*Excerpted data:*
====
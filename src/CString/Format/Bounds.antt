-- ===== src/CString/Format/Bounds.antt =====
-- The text of a format, and what `vsnprintf` (kernel/string.c) writes of it.
use krnel.Base.{ℕ, suc, ◌-◌, ◌≡◌, Option, none, some, List, [], ◌∷◌, ◌++◌, length, take, drop}
use krnel.CString.{Buffer}
use krnel.CString.Format.{Arg, Out, convert, Mode, Move, move, format_loop}

-- The whole text of a format, of any length.
unfoldable pub render : Mode → Buffer → List Arg → Option (List ℕ)
render mode [] args = none
render mode (c ∷ f) args = elim (move mode c) [
  | Move.stop ↦ some []
  | Move.next mode' ↦ render mode' f args
  | Move.literal c' ↦ elim (render Mode.plain f args) [ none ↦ none | some t ↦ some (c' ∷ t) ]
  | Move.conversion c' z l w ↦ elim (convert c' z l w args) [
    | none ↦ none
    | some r ↦ elim (render Mode.plain f r.1) [ none ↦ none | some t ↦ some (r.0 ++ t) ]
  ]
]

abbrev out : List ℕ → ℕ → Out
out s m = record { written = s; left = m }

-- What `PUT` makes of the bytes of a text.
abbrev pub cut : Out → List ℕ → Out
cut o t = record { written = o.written ++ take o.left t; left = o.left - length t }

-- The loop writes the text of the format, cut to the room left.
abbrev after : Out → Option (List ℕ) → Option Out
after o none = none
after o (some t) = some (cut o t)

abbrev prefix_of : List ℕ → Option (List ℕ) → Option (List ℕ)
prefix_of s none = none
prefix_of s (some t) = some (s ++ t)

-- The rest of a format is written as it is rendered.
abbrev Follows : Buffer → Type 0
Follows f =
    (mode : Mode) (args : List Arg) (o : Out)
    → format_loop mode f args o ≡ after o (render mode f args)

abbrev ended : Buffer → List ℕ → Buffer × ℕ
ended str shown = (shown ++ 0 ∷ drop (suc (length shown)) str, length shown)

-- What a call with a buffer of `size` bytes leaves in it, and answers, if the whole text is `t`.
abbrev pub truncated : Buffer → ℕ → List ℕ → Buffer × ℕ
truncated str size t = ended str (take (size - 1) t)
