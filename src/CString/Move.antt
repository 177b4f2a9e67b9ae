-- ===== src/CString/Move.antt =====
-- `memmove` of kernel/string.c, which works in place: offsets into one object.
use krnel.Base.{
  ℕ, zero, suc, ◌+◌, ◌-◌, ◌≤◌, ◌<◌, ◌≡◌, refl, ◌∙◌, ◌&&◌, arith, ap, ◌==◌, leb, ltb, if◌then◌else◌,
  length, get_or, set, length-set, get_or-set_self, get_or-set_ne, Bool-cases, inl, inr,
}
use krnel.CString.{Buffer}

-- `*d = *s`; an access outside the object changes nothing, which `memmove-snapshot` rules out.
abbrev pub copy_byte : Buffer → ℕ → ℕ → Buffer
copy_byte m d s = set m d (get_or m s 0)

-- `while (num--) *d++ = *s++`
pub forward : ℕ → Buffer → ℕ → ℕ → Buffer
forward zero m d s = m
forward (suc n) m d s = forward n (copy_byte m d s) (d + 1) (s + 1)

-- `while (num--) *--d = *--s`
pub backward : ℕ → Buffer → ℕ → ℕ → Buffer
backward zero m d s = m
backward (suc n) m d s = backward n (copy_byte m (d - 1) (s - 1)) (d - 1) (s - 1)

-- `dest` and `src` are offsets into the same object `m`.
unfoldable pub memmove : Buffer → ℕ → ℕ → ℕ → Buffer
unfolding forward backward
memmove m d s n = if ltb d s then forward n m d s else backward n m (d + n) (s + n)

pub length-forward : (n : ℕ) (m : Buffer) (d s : ℕ) → length (forward n m d s) ≡ length m
unfolding forward
length-forward zero m d s = refl
length-forward (suc n) m d s =
    length-forward n (copy_byte m d s) (d + 1) (s + 1) ∙ length-set m d (get_or m s 0)

pub length-backward : (n : ℕ) (m : Buffer) (d s : ℕ) → length (backward n m d s) ≡ length m
unfolding backward
length-backward zero m d s = refl
length-backward (suc n) m d s =
    length-backward n (copy_byte m (d - 1) (s - 1)) (d - 1) (s - 1)
    ∙ length-set m (d - 1) (get_or m (s - 1) 0)

-- The bytes of `m` with `n` bytes from `s` on copied to `d` at once.
abbrev pub snapshot : Buffer → ℕ → ℕ → ℕ → ℕ → ℕ
snapshot m d s n i = if leb d i && ltb i (d + n) then get_or m (s + i - d) 0 else get_or m i 0

get-copy_byte :
    (m : Buffer) (d s i : ℕ)
    → d < length m
    → get_or (copy_byte m d s) i 0 ≡ (if i == d then get_or m s 0 else get_or m i 0)
get-copy_byte m d s i lt = elim (Bool-cases (i == d)) [
  | inl y ↦ let e : d ≡ i = ground arith in rw (y, ← e) (get_or-set_self m d (get_or m s 0) 0 lt)
  | inr n ↦ rw n (get_or-set_ne m d i (get_or m s 0) 0 (ground arith))
]

forward_step :
    (m : Buffer) (d s n i : ℕ)
    → d < s
    → d < length m
    → snapshot (copy_byte m d s) (d + 1) (s + 1) n i ≡ snapshot m d s (suc n) i
forward_step m d s n i lt fit =
    let e1 : get_or m (s + 1 + i - (d + 1)) 0 ≡ get_or m (s + i - d) 0 =
      ap (λ k. get_or m k 0) (omega arith) in
    elim (Bool-cases (i == d)) [
      | inl y ↦
          let w : get_or m (s + i - d) 0 ≡ get_or m s 0 = ap (λ k. get_or m k 0) (ground arith) in
          ground (arith, get-copy_byte m d s i fit)
      | inr x ↦
          ground (arith, get-copy_byte m d s i fit, get-copy_byte m d s (s + 1 + i - (d + 1)) fit)
    ]

backward_step :
    (m : Buffer) (d s n i : ℕ)
    → s ≤ d
    → d + n < length m
    → snapshot (copy_byte m (d + n) (s + n)) d s n i ≡ snapshot m d s (suc n) i
backward_step m d s n i lt fit = elim (Bool-cases (i == d + n)) [
  | inl y ↦
      let w : get_or m (s + i - d) 0 ≡ get_or m (s + n) 0 = ap (λ k. get_or m k 0) (ground arith) in
      ground (arith, get-copy_byte m (d + n) (s + n) i fit)
  | inr x ↦ ground (
    arith,
    get-copy_byte m (d + n) (s + n) i fit,
    get-copy_byte m (d + n) (s + n) (s + i - d) fit,
  )
]

forward_lem :
    (n : ℕ) (m : Buffer) (d s i : ℕ)
    → d < s
    → s + n ≤ length m
    → get_or (forward n m d s) i 0 ≡ snapshot m d s n i
unfolding forward
forward_lem zero m d s i lt fit = ground arith
forward_lem (suc n) m d s i lt fit =
    let fit' : s + 1 + n ≤ length (copy_byte m d s) =
      omega (arith, length-set m d (get_or m s 0)) in
    forward_lem n (copy_byte m d s) (d + 1) (s + 1) i (omega arith) fit'
    ∙ forward_step m d s n i lt (omega arith)

backward_lem :
    (n : ℕ) (m : Buffer) (d s i : ℕ)
    → s ≤ d
    → d + n ≤ length m
    → get_or (backward n m (d + n) (s + n)) i 0 ≡ snapshot m d s n i
unfolding backward
backward_lem zero m d s i lt fit = ground arith
backward_lem (suc n) m d s i lt fit =
    let fit' : d + n ≤ length (copy_byte m (d + n) (s + n)) =
      omega (arith, length-set m (d + n) (get_or m (s + n) 0)) in
    let e : d + suc n - 1 ≡ d + n = omega arith in
    let e' : s + suc n - 1 ≡ s + n = omega arith in
    rw (e, e')
      (backward_lem n (copy_byte m (d + n) (s + n)) d s i lt fit'
        ∙ backward_step m d s n i lt (omega arith))

-- `memmove` copies as if from a snapshot, however the two ranges overlap: the `n` bytes at `d` become
-- the `n` bytes that stood at `s`, and every other byte stays.
pub memmove-snapshot :
    (m : Buffer) (d s n i : ℕ)
    → d + n ≤ length m
    → s + n ≤ length m
    → (get_or (memmove m d s n) i 0 ≡ snapshot m d s n i) × (length (memmove m d s n) ≡ length m)
unfolding memmove
memmove-snapshot m d s n i fd fs = elim (Bool-cases (ltb d s)) [
  | inl y ↦ rw y (forward_lem n m d s i (ground arith) fs, length-forward n m d s)
  | inr x ↦ rw x (backward_lem n m d s i (ground arith) fd, length-backward n m (d + n) (s + n))
]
====
*Problem:* Look over the entries above and count the lines where the word "from" appears, then report only that count.

*Written response:* 2